# monitor 24 inches



## dfcols71 (Feb 26, 2012)

suggest a monitor  24 inches led, 
hdmi,dvi ,rgb conect to tv
speakers antiglare
price rs 8500-11000
brands asus ,benq,lg,samsung
dell and viewsonic


----------



## coolpcguy (Feb 28, 2012)

you won't find anything with those features & at that price.

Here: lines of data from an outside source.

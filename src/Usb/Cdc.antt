-- ===== src/Usb/Cdc.antt =====
-- The USB transport of src/command/usb_cdc_transport.cpp over `cdc_task` of src/cdc_uart.cpp. TinyUSB
-- keeps the bytes that came in a queue; the list of polls is what each call of tud_task() before the
-- deadline adds to it. The deadline is reached when the list is at its end.
pub mod Stream
use pixel_multiverse_firmwar.Prelude.{
  ℕ, zero, suc, ◌+◌, ◌-◌, Bool, true, false, Option, none, some, List, [], ◌∷◌, ◌++◌, ltb, ◌==◌,
  if◌then◌else◌, length, take, drop, due, put_off,
}

abbrev pub max_uart_packet : ℕ
max_uart_packet = 64

-- `cdc_task` on a connected port: the bytes read, and the queue after it.
abbrev pub cdc_task : List ℕ → ℕ → List ℕ × List ℕ
cdc_task queue n = (take n queue, drop n queue)

abbrev pub Source : Type 0
Source = List ℕ × List (List ℕ)

-- The inner loop of `wait_for`: the next byte, or none at the deadline.
unfoldable pub first_byte : List ℕ → List (List ℕ) → Option ℕ × Source
first_byte [] ps = (none, ([], ps))
first_byte (x ∷ queue) ps = (some x, (queue, ps))

abbrev pub or_next : Option ℕ × Source → Option ℕ × Source → Option ℕ × Source
or_next (none, s) next = next
or_next (some x, s) next = (some x, s)

unfoldable pub next_byte : List ℕ → List (List ℕ) → Option ℕ × Source
unfolding first_byte
next_byte queue [] = first_byte queue []
next_byte queue (p ∷ ps) = let rest = next_byte [] ps in or_next (first_byte (queue ++ p) ps) rest

-- What a round of `wait_for` does with its byte; `rest` is what the next rounds give.
unfoldable pub after_byte : Option ℕ → ℕ → Bool × Source → Source → Bool × Source
after_byte none c rest s = (false, s)
after_byte (some x) c rest s = if x == c then rest else (false, s)

-- for (auto expected_char : data), stopping at a byte that differs.
unfoldable pub wait_for : List ℕ → Source → Bool × Source
unfolding next_byte after_byte
wait_for [] s = (true, s)
wait_for (c ∷ cs) s =
    let n = next_byte s.0 s.1 in let rest = wait_for cs n.1 in after_byte n.0 c rest n.1

abbrev pub min_of : ℕ → ℕ → ℕ
min_of a b = if ltb a b then a else b

-- A round of `read` takes up to 64 bytes; there is one for each poll until `len` bytes are there.
unfoldable pub read : ℕ → List ℕ → List (List ℕ) → List ℕ × Source
read len queue [] = ([], (queue, []))
read len queue (p ∷ ps) =
    let c = cdc_task (queue ++ p) (min_of len max_uart_packet) in
    let rest = read (len - length c.0) c.1 ps in
    if len == 0 then ([], (queue, p ∷ ps)) else (c.0 ++ rest.0, rest.1)

-- The port between two calls: the queue, and for each call what the polls before its deadline bring.
abbrev pub Port : Type 0
Port = List ℕ × List (List (List ℕ))

abbrev pub joined : List (List ℕ) → List ℕ
joined [] = []
joined (p ∷ ps) = p ++ joined ps

abbrev pub port_poll : Port → Port
port_poll s = (s.0 ++ joined (due s.1), put_off [] s.1)

unfoldable pub port_wait_for : List ℕ → Port → Bool × Port
unfolding wait_for
port_wait_for pattern s =
    let w = wait_for pattern (s.0, due s.1) in (w.0, (w.1.0, put_off w.1.1 s.1))

unfoldable pub port_read : ℕ → Port → List ℕ × Port
unfolding read
port_read len s = let r = read len s.0 (due s.1) in (r.0, (r.1.0, put_off r.1.1 s.1))

-- The rounds of the command loop, a poll and a wait each, up to the first that finds the pattern. A
-- wait that ends at its deadline gives false as one that hears another byte does.
unfoldable pub wait_rounds : ℕ → List ℕ → Port → Bool × Port
unfolding port_wait_for
wait_rounds zero pattern s = (false, s)
wait_rounds (suc n) pattern s =
    let w = port_wait_for pattern (port_poll s) in
    let rest = wait_rounds n pattern w.1 in if w.0 then w else rest
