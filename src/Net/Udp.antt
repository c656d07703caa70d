-- ===== src/Net/Udp.antt =====
-- The UDP command transport of src/net/udp_transport.cpp: a ring of bytes that the receive callback
-- fills and `read` and `wait_for` drain. `rb` is the ring's size RB. The list of polls is what the
-- calls of cyw43_arch_poll() before the deadline bring: for each, the segments of the datagrams whose
-- callback runs in it. The deadline is reached when the list is at its end.
pub mod Queue
pub mod Stream
pub mod Matching
pub mod Channel
pub mod Sizes
pub mod Arrived
use pixel_multiverse_firmwar.Prelude.{
  ℕ, zero, suc, ◌+◌, ◌-◌, ◌*◌, ◌%◌, ◌^◌, Bool, true, false, not, ◌||◌, Option, none, some, List, [],
  ◌∷◌, ◌++◌, ◌==◌, if◌then◌else◌, length, get_or, set, take,
}

abbrev pub ring_bytes : ℕ
ring_bytes = 72 * 1024

pub record Ring : Type 0 where
  pub buf : List ℕ
  pub head : ℕ
  pub count : ℕ

abbrev pub Polls : Type 0
Polls = List (List (List ℕ))

-- How many bytes of the pattern are matched after the byte `c`.
abbrev pub matched : List ℕ → ℕ → ℕ → ℕ
matched pattern idx c =
    if c == get_or pattern idx 0 then idx + 1 else (if c == get_or pattern 0 0 then 1 else 0)

module _ (rb : ℕ) where
  -- A full ring drops the tail of the burst.
  unfoldable pub push : Ring → List ℕ → Ring
  push r [] = r
  push r (d ∷ ds) =
      if r.count == rb
      then r
      else push (record r { buf = set r.buf ((r.head + r.count) % rb) d; count = r.count + 1 }) ds

  unfoldable pub pop : Ring → ℕ × Ring
  pop r = (get_or r.buf r.head 0, record r { head = (r.head + 1) % rb; count = r.count - 1 })

  -- The segments of one chain of buffers, or of all that one poll brings.
  unfoldable pub receive : Ring → List (List ℕ) → Ring
  unfolding push
  receive r [] = r
  receive r (q ∷ qs) = receive (push r q) qs

  -- while (count_ > 0): up to a full match, `n` being the count.
  unfoldable pub drain_match : List ℕ → ℕ → ℕ → Ring → ℕ × Ring
  unfolding pop
  drain_match pattern zero idx r = (idx, r)
  drain_match pattern (suc n) idx r =
      let idx' = matched pattern idx (pop r).0 in
      let rest = drain_match pattern n idx' (pop r).1 in
      if idx' == length pattern then (idx', (pop r).1) else rest

  unfoldable pub wait_loop : List ℕ → ℕ → Ring → Polls → Bool × Ring × Polls
  unfolding drain_match receive
  wait_loop pattern idx r [] =
      let m = drain_match pattern r.count idx r in (m.0 == length pattern, m.1, [])
  wait_loop pattern idx r (p ∷ ps) =
      let m = drain_match pattern r.count idx r in
      let rest = wait_loop pattern m.0 (receive m.1 p) ps in
      if m.0 == length pattern then (true, m.1, p ∷ ps) else rest

  unfoldable pub wait_for : List ℕ → Ring → Polls → Bool × Ring × Polls
  unfolding wait_loop
  wait_for [] r ps = (true, r, ps)
  wait_for (c ∷ cs) r ps = wait_loop (c ∷ cs) 0 r ps

  -- while (count_ > 0 && got < len), `want` being len - got and `n` the count.
  unfoldable pub drain : ℕ → ℕ → Ring → List ℕ × Ring
  unfolding pop
  drain zero n r = ([], r)
  drain (suc want) zero r = ([], r)
  drain (suc want) (suc n) r = let rest = drain want n (pop r).1 in ((pop r).0 ∷ rest.0, rest.1)

  -- The bytes that came, in front of the zeros that the buffer holds, and their number is `got`.
  unfoldable pub read : ℕ → Ring → Polls → List ℕ × Ring × Polls
  unfolding drain receive
  read len r [] = let m = drain len r.count r in (m.0, m.1, [])
  read len r (p ∷ ps) =
      let m = drain len r.count r in
      let rest = read (len - length m.0) (receive m.1 p) ps in
      if length m.0 == len then (m.0, m.1, p ∷ ps) else (m.0 ++ rest.0, rest.1, rest.2)

-- The peer that answers go to: on_recv sets it with each datagram.
pub record Peer : Type 0 where
  pub address : ℕ
  pub port : ℕ

pub record Transport : Type 0 where
  pub ring : Ring
  pub bound : Bool
  pub peer : Option Peer

-- The callback; null for no datagram.
unfoldable pub on_recv : ℕ → Transport → Option (List (List ℕ)) → Peer → Transport
unfolding receive
on_recv rb t none from = t
on_recv rb t (some chain) from = record t { ring = receive rb t.ring chain; peer = some from }

-- `write`: what goes out and to whom, and the number that it returns. `alloc` is whether pbuf_alloc
-- succeeds and `sent` whether udp_sendto does; the length is cast to 16 bits for both.
unfoldable pub write : (ℕ → Bool) → Bool → Transport → List ℕ → Option (Peer × List ℕ) × ℕ
write alloc sent t buffer =
    let n = length buffer % 2 ^ 16 in
    elim t.peer [
      | none ↦ (none, 0)
      | some to ↦
          if not t.bound || not (alloc n)
          then (none, 0)
          else (some (to, take n buffer), if sent then length buffer else 0)
    ]
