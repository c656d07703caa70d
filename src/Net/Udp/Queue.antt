-- ===== src/Net/Udp/Queue.antt =====
-- The ring is a bounded queue.
use pixel_multiverse_firmwar.Prelude.{
  ℕ, zero, suc, ◌+◌, ◌-◌, ◌%◌, ◌≤◌, ◌<◌, ◌≡◌, ◌≢◌, refl, sym, ap, ap₂, ◌∙◌, List, [], ◌∷◌, ◌++◌,
  ◌==◌, ltb, if◌then◌else◌, length, get_or, set, take, arith, Bool-cases, inl, inr, length-append,
  length-set, get_or-set_self, get_or-set_ne, append-nil, append_assoc,
}
use native.Mathlib.Nat.{mod-eq_of_lt, mod-eq-sub-mod, mod-add-mod, mod-lt}
use pixel_multiverse_firmwar.Net.Udp.{Ring, push, pop, receive}

-- The bytes of a chain of segments.
abbrev pub concat {ℓ} : {A : Type ℓ} → List (List A) → List A
concat [] = []
concat (q ∷ qs) = q ++ concat qs

take_nil : (n : ℕ) → take {A = ℕ} n [] ≡ []
take_nil zero = refl
take_nil (suc n) = refl

take_short : (n : ℕ) (xs : List ℕ) → length xs ≤ n → take n xs ≡ xs
take_short zero [] h = refl
take_short zero (x ∷ xs) h = absurd (omega arith)
take_short (suc n) [] h = refl
take_short (suc n) (x ∷ xs) h = ap (λ t. x ∷ t) (take_short n xs (omega arith))

-- The `n` bytes from a place on, round the ring.
unfoldable pub window : ℕ → List ℕ → ℕ → ℕ → List ℕ
window rb buf h zero = []
window rb buf h (suc n) = get_or buf h 0 ∷ window rb buf ((h + 1) % rb) n

-- The bytes that wait in the ring, the oldest first.
abbrev pub view : ℕ → Ring → List ℕ
view rb r = window rb r.buf r.head r.count

pub record IsValid (rb : ℕ) (r : Ring) : Type 0 where
  pub size : length r.buf ≡ rb
  pub head_in : r.head < rb
  pub room : r.count ≤ rb

length-window : (rb : ℕ) (buf : List ℕ) (h n : ℕ) → length (window rb buf h n) ≡ n
unfolding window
length-window rb buf h zero = refl
length-window rb buf h (suc n) = ap suc (length-window rb buf ((h + 1) % rb) n)

pub length-view : (rb : ℕ) (r : Ring) → length (view rb r) ≡ r.count
length-view rb r = length-window rb r.buf r.head r.count

-- A place further round the ring is another place.
around_ne : (rb h k : ℕ) → h < rb → 0 < k → k < rb → (h + k) % rb ≢ h
around_ne rb h k hh hk lt = elim (Bool-cases (ltb (h + k) rb)) [
  | inl fits ↦
      λ e. let small : (h + k) % rb ≡ h + k = mod-eq_of_lt (ground arith) in omega (arith, small, e)
  | inr wraps ↦ λ e.
      let over : rb ≤ h + k = ground arith in
      let once : (h + k) % rb ≡ (h + k - rb) % rb = mod-eq-sub-mod over in
      let small : (h + k - rb) % rb ≡ h + k - rb = mod-eq_of_lt (omega arith) in
      omega (arith, once, small, e)
]

next_place : (rb h n : ℕ) → ((h + 1) % rb + n) % rb ≡ (h + suc n) % rb
next_place rb h n = mod-add-mod (h + 1) rb n ∙ ap (λ t. t % rb) (omega arith)

-- A byte written behind the window is its next byte.
window-set :
    (rb : ℕ) (buf : List ℕ) (h n d : ℕ)
    → length buf ≡ rb
    → h < rb
    → n < rb
    → window rb (set buf ((h + n) % rb) d) h (suc n) ≡ window rb buf h n ++ (d ∷ [])
unfolding window
window-set rb buf h zero d len hh lt =
    let here : (h + 0) % rb ≡ h = ap (λ t. t % rb) (omega arith) ∙ mod-eq_of_lt hh in
    rw (here, get_or-set_self buf h d 0 (omega (arith, len))) refl
window-set rb buf h (suc n) d len hh lt =
    let other = around_ne rb h (suc n) hh (omega arith) lt in
    let ih =
      window-set rb buf ((h + 1) % rb) n d len (mod-lt (h + 1) (omega arith)) (omega arith) in
    let keep : get_or (set buf ((h + suc n) % rb) d) h 0 ≡ get_or buf h 0 =
      get_or-set_ne buf ((h + suc n) % rb) h d 0 other in
    let tail : window rb (set buf ((h + suc n) % rb) d) ((h + 1) % rb) (suc n)
        ≡ window rb buf ((h + 1) % rb) n ++ (d ∷ []) =
      ap (λ t. window rb (set buf t d) ((h + 1) % rb) (suc n)) (sym (next_place rb h n)) ∙ ih in
    ap₂ (λ a t. a ∷ t) keep tail

module _ (rb : ℕ) where
  pub pop-IsValid : (r : Ring) → IsValid rb r → IsValid rb (pop rb r).1
  unfolding pop
  pop-IsValid r v = record {
    size = v.size;
    head_in = mod-lt (r.head + 1) (omega (arith, v.head_in));
    room = omega (arith, v.room);
  }

  -- A pop takes the oldest byte.
  pub view-pop :
      (r : Ring) (n : ℕ) → r.count ≡ suc n → view rb r ≡ (pop rb r).0 ∷ view rb (pop rb r).1
  unfolding pop window
  view-pop r n e = let less : suc n - 1 ≡ n = omega arith in rw (e, less) refl

  -- One round of the loop of `push`.
  stored : Ring → ℕ → Ring
  stored r d = record r { buf = set r.buf ((r.head + r.count) % rb) d; count = r.count + 1 }

  stored-IsValid : (r : Ring) (d : ℕ) → IsValid rb r → r.count < rb → IsValid rb (stored r d)
  unfolding stored
  stored-IsValid r d v lt = record {
    size = length-set r.buf ((r.head + r.count) % rb) d ∙ v.size;
    head_in = v.head_in;
    room = omega (arith, lt);
  }

  view-stored :
      (r : Ring) (d : ℕ)
      → IsValid rb r
      → r.count < rb
      → view rb (stored r d) ≡ view rb r ++ (d ∷ [])
  unfolding stored
  view-stored r d v lt =
      ap (λ t. window rb (set r.buf ((r.head + r.count) % rb) d) r.head t) (omega arith)
      ∙ window-set rb r.buf r.head r.count d v.size v.head_in lt

  push-cons :
      (r : Ring) (d : ℕ) (ds : List ℕ)
      → push rb r (d ∷ ds) ≡ (if r.count == rb then r else push rb (stored r d) ds)
  unfolding push stored
  push-cons r d ds = refl

  pub push-IsValid : (ds : List ℕ) (r : Ring) → IsValid rb r → IsValid rb (push rb r ds)
  unfolding push
  push-IsValid [] r v = v
  push-IsValid (d ∷ ds) r v = elim (Bool-cases (r.count == rb)) [
    | inl full ↦ rw (push-cons r d ds, full) v
    | inr room ↦
        rw (push-cons r d ds, room)
          (push-IsValid ds (stored r d) (stored-IsValid r d v (ground (arith, v.room))))
  ]

  -- The queue behind the ring holds at most `rb` bytes: a push adds what there is room for, in order,
  -- and drops the rest.
  pub view-push :
      (ds : List ℕ) (r : Ring)
      → IsValid rb r
      → view rb (push rb r ds) ≡ view rb r ++ take (rb - r.count) ds
  unfolding stored push
  view-push [] r v =
      let none_taken : take (rb - r.count) [] ≡ [] = take_nil (rb - r.count) in
      rw none_taken (sym (append-nil (view rb r)))
  view-push (d ∷ ds) r v = elim (Bool-cases (r.count == rb)) [
    | inl full ↦
        let no_room : rb - r.count ≡ 0 = ground arith in
        ap (view rb) (push-cons r d ds ∙ rw full refl)
        ∙ (sym (append-nil (view rb r)) ∙ ap (λ t. view rb r ++ take t (d ∷ ds)) (sym no_room))
    | inr room ↦
        let lt : r.count < rb = ground (arith, v.room) in
        let ih = view-push ds (stored r d) (stored-IsValid r d v lt) in
        let one_less : rb - r.count ≡ suc (rb - (r.count + 1)) = omega (arith, lt) in
        ap (view rb) (push-cons r d ds ∙ rw room refl)
        ∙ (ih
            ∙ (ap (λ t. t ++ take (rb - (r.count + 1)) ds) (view-stored r d v lt)
                ∙ (append_assoc (view rb r) (d ∷ []) (take (rb - (r.count + 1)) ds)
                    ∙ ap (λ t. view rb r ++ take t (d ∷ ds)) (sym one_less))))
  ]

  pub receive-IsValid :
      (qs : List (List ℕ)) (r : Ring) → IsValid rb r → IsValid rb (receive rb r qs)
  unfolding receive
  receive-IsValid [] r v = v
  receive-IsValid (q ∷ qs) r v = receive-IsValid qs (push rb r q) (push-IsValid q r v)

  -- Segments that there is room for are queued whole.
  pub view-receive :
      (qs : List (List ℕ)) (r : Ring)
      → IsValid rb r
      → r.count + length (concat qs) ≤ rb
      → view rb (receive rb r qs) ≡ view rb r ++ concat qs
  unfolding receive
  view-receive [] r v fits = sym (append-nil (view rb r))
  view-receive (q ∷ qs) r v fits =
      let both = length-append q (concat qs) in
      let pushed : view rb (push rb r q) ≡ view rb r ++ q =
        view-push q r v
        ∙ ap (λ t. view rb r ++ t) (take_short (rb - r.count) q (omega (arith, both))) in
      let count : (push rb r q).count ≡ r.count + length q =
        sym (length-view rb (push rb r q))
        ∙ (ap length pushed
            ∙ (length-append (view rb r) q ∙ ap (λ t. t + length q) (length-view rb r))) in
      view-receive qs (push rb r q) (push-IsValid q r v) (omega (arith, count, both))
      ∙ (ap (λ t. t ++ concat qs) pushed ∙ append_assoc (view rb r) q (concat qs))
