-- ===== src/Net/Udp/Sizes.antt =====
-- A `read` gives at most as many bytes as it is asked for, whatever the polls bring.
use pixel_multiverse_firmwar.Prelude.{
  ℕ, zero, suc, ◌-◌, ◌≤◌, [], ◌∷◌, ◌==◌, length, length-append, arith, Bool-cases, inl, inr,
}
use pixel_multiverse_firmwar.Net.Udp.{Ring, Polls, drain, pop, receive, read}

module _ (rb : ℕ) where
  length-drain-le : (want n : ℕ) (r : Ring) → length (drain rb want n r).0 ≤ want
  unfolding drain
  length-drain-le zero n r = omega arith
  length-drain-le (suc want) zero r = omega arith
  length-drain-le (suc want) (suc n) r =
      let ih = length-drain-le want n (pop rb r).1 in omega (arith, ih)

  pub length-read-le : (len : ℕ) (r : Ring) (ps : Polls) → length (read rb len r ps).0 ≤ len
  unfolding read
  length-read-le len r [] = length-drain-le len r.count r
  length-read-le len r (p ∷ ps) =
      let m = drain rb len r.count r in
      let some_got = length-drain-le len r.count r in
      let rest = read rb (len - length m.0) (receive rb m.1 p) ps in
      let ih = length-read-le (len - length m.0) (receive rb m.1 p) ps in
      elim (Bool-cases (length m.0 == len)) [
        | inl full ↦ rw full some_got
        | inr short ↦ rw short (omega (arith, length-append m.0 rest.0, ih, some_got))
      ]
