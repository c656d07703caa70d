-- ===== src/Net/Udp/Stream.antt =====
-- The transport as a stream of bytes, where no poll brings more than an empty ring takes: what waits in
-- the ring, and then what the polls bring.
use pixel_multiverse_firmwar.Prelude.{
  ℕ, zero, suc, ◌-◌, ◌≤◌, ◌≡◌, ◌≢◌, refl, ==_iff, sym, ap, ap₂, ◌∙◌, false, List, [], ◌∷◌, ◌++◌,
  ◌==◌, length, take, drop, arith, Bool-cases, inl, inr, append-nil, append_assoc, All, take_long,
  take_past, take_whole, empty_of_length,
}
use pixel_multiverse_firmwar.Net.Udp.{Ring, Polls, pop, drain, read, receive}
use pixel_multiverse_firmwar.Net.Udp.Queue.{
  IsValid, view, concat, length-view, view-pop, pop-IsValid, view-receive, receive-IsValid,
}

abbrev pub arrivals : Polls → List ℕ
arrivals ps = concat (concat ps)

abbrev pub stream : ℕ → Ring → Polls → List ℕ
stream rb r ps = view rb r ++ arrivals ps

-- No poll brings more than an empty ring takes.
abbrev pub NoBurst : ℕ → Polls → Type 0
NoBurst rb = All (λ p. length (concat p) ≤ rb)

module _ {ℓ} {A : Type ℓ} where
  pub concat-append : (xs ys : List (List A)) → concat (xs ++ ys) ≡ concat xs ++ concat ys
  concat-append [] ys = refl
  concat-append (x ∷ xs) ys =
      ap (λ t. x ++ t) (concat-append xs ys) ∙ sym (append_assoc x (concat xs) (concat ys))

cut_ne : (a b : ℕ) → (a == b) ≡ false → a ≢ b
cut_ne a b h e = ground arith

take_full : (n : ℕ) (xs : List ℕ) → length (take n xs) ≡ n → n ≤ length xs
take_full zero xs h = omega arith
take_full (suc n) [] h = omega (arith, h)
take_full (suc n) (x ∷ xs) h = omega (arith, take_full n xs (omega (arith, h)))

take_cut : (n : ℕ) (xs : List ℕ) → length (take n xs) ≢ n → length xs ≤ n
take_cut zero [] h = omega arith
take_cut zero (x ∷ xs) h = absurd (h refl)
take_cut (suc n) [] h = omega arith
take_cut (suc n) (x ∷ xs) h = omega (arith, take_cut n xs (λ e. h (ap suc e)))

module _ (rb : ℕ) where
  pub view_empty : (r : Ring) → r.count ≡ 0 → view rb r ≡ []
  view_empty r e = empty_of_length (view rb r) (length-view rb r ∙ e)

  pub popped : (r : Ring) (n : ℕ) → r.count ≡ suc n → (pop rb r).1.count ≡ n
  unfolding pop
  popped r n e = omega (arith, e)

  drained_empty :
      (want : ℕ) (r : Ring)
      → view rb r ≡ []
      → IsValid rb r
      → ([] ≡ take want (view rb r)) × (view rb r ≡ drop want (view rb r)) × IsValid rb r
  drained_empty want r e v =
      let nothing = take_whole want (view rb r) (omega (arith, ap length e)) in
      (sym (nothing.0 ∙ e), e ∙ sym nothing.1, v)

  pub drain-view :
      (want n : ℕ) (r : Ring)
      → IsValid rb r
      → r.count ≡ n
      → ((drain rb want n r).0 ≡ take want (view rb r))
        × (view rb (drain rb want n r).1 ≡ drop want (view rb r))
        × IsValid rb (drain rb want n r).1
  unfolding drain
  drain-view zero n r v e = (refl, refl, v)
  drain-view (suc want) zero r v e = drained_empty (suc want) r (view_empty r e) v
  drain-view (suc want) (suc n) r v e =
      let rest = drain-view want n (pop rb r).1 (pop-IsValid rb r v) (popped r n e) in
      let opened = view-pop rb r n e in
      rw opened (ap (λ t. (pop rb r).0 ∷ t) rest.0, rest.1, rest.2)

  -- Any burst fits where the ring is drained.
  pub view-receive_empty :
      (r : Ring) (p : List (List ℕ))
      → IsValid rb r
      → view rb r ≡ []
      → length (concat p) ≤ rb
      → view rb (receive rb r p) ≡ concat p
  view-receive_empty r p v none_left fits =
      let zero_count : r.count ≡ 0 = sym (length-view rb r) ∙ ap length none_left in
      view-receive rb p r v (omega (arith, zero_count, fits)) ∙ ap (λ t. t ++ concat p) none_left

  -- With no burst above the ring's size: `read` gives the next `len` bytes of the stream, or all that
  -- come before the deadline, and leaves the rest of the stream for the next call.
  pub read-stream :
      (len : ℕ) (r : Ring) (ps : Polls)
      → IsValid rb r
      → NoBurst rb ps
      → ((read rb len r ps).0 ≡ take len (stream rb r ps))
        × (stream rb (read rb len r ps).1 (read rb len r ps).2 ≡ drop len (stream rb r ps))
        × IsValid rb (read rb len r ps).1
  unfolding read
  read-stream len r [] v n =
      let m = drain-view len r.count r v refl in
      let whole = append-nil (view rb r) in
      (
        m.0 ∙ ap (take len) (sym whole),
        append-nil (view rb (drain rb len r.count r).1) ∙ (m.1 ∙ ap (drop len) (sym whole)),
        m.2,
      )
  read-stream len r (p ∷ ps) v n =
      let m = drain-view len r.count r v refl in
      let got = (drain rb len r.count r).0 in
      let r' = (drain rb len r.count r).1 in
      elim (Bool-cases (length got == len)) [
        | inl full ↦
            let enough : len ≤ length (view rb r) =
              take_full len (view rb r) (sym (ap length m.0) ∙ (==_iff (length got) len).0 full) in
            let parts = take_long len (view rb r) (arrivals (p ∷ ps)) enough in
            rw full (m.0 ∙ sym parts.0, ap (λ t. t ++ arrivals (p ∷ ps)) m.1 ∙ sym parts.1, m.2)
        | inr short ↦
            let all : length (view rb r) ≤ len =
              take_cut len (view rb r) (λ e. cut_ne (length got) len short (ap length m.0 ∙ e)) in
            let whole = take_whole len (view rb r) all in
            let got_all : got ≡ view rb r = m.0 ∙ whole.0 in
            let r2 = receive rb r' p in
            let refilled : view rb r2 ≡ concat p =
              view-receive_empty r' p m.2 (m.1 ∙ whole.1) n.0 in
            let next : stream rb r2 ps ≡ arrivals (p ∷ ps) =
              ap (λ t. t ++ arrivals ps) refilled ∙ sym (concat-append p (concat ps)) in
            let ih = read-stream (len - length got) r2 ps (receive-IsValid rb p r' m.2) n.1 in
            let parts = take_past len (view rb r) (arrivals (p ∷ ps)) all in
            rw short (
              ap₂ (λ a t. a ++ t) got_all (ih.0 ∙ ap₂ (λ k t. take (len - length k) t) got_all next)
                  ∙ sym parts.0,
              ih.1 ∙ (ap₂ (λ k t. drop (len - length k) t) got_all next ∙ sym parts.1),
              ih.2,
            )
      ]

Either drop to 22" or increase your budget.


----------



## Souro_Ray (Feb 28, 2012)

There is one monitor, but its a TN LCD panel: the BenQ G2420HD which should be available for around Rs. 11000


----------



## thetechfreak (Feb 28, 2012)

LED not very possible, LCD yes.
As said by Souro_Ray, the Benq G2420HD is availabe just in your budget


----------



## Souro_Ray (Feb 28, 2012)

common misconception: LED is just a backlighting technology for LCD. The BenQ G2420HD is an LCD panel with CCFL backlighting.. CCFL is Cold Cathode Fluoroscent Lamp backlighting, an older technology, while LED is a newer technology. LED is not a panel, its just a backlighting tech


----------



## GhorMaanas (Feb 29, 2012)

in that budget - *benq G2420HD*


----------



## Souro_Ray (Feb 29, 2012)

I'm not totally sure of this, but AOC and LG might sell 24inch LCDs at around that price. You can check them out if the BenQ G2420HD is not your cup of tea or coffee...


----------



## dfcols71 (Mar 1, 2012)

how about this one
www.infibeam.com/Monitor/i-Viewsonic-VX2453MH-LED-24-Inch/P-CA-MO-ViewSonic-VX2453MH.html?id=Black


----------



## dfcols71 (Mar 26, 2012)

sorry for the late post  i went with asus ml238h
received it from delta last week
from my laptop it showing great clarity but with my old rig  amd sempron2.8/asus k8vmx  integrated graphic the picture quality is a bit faded will have to upgrade my rig -in the process line


----------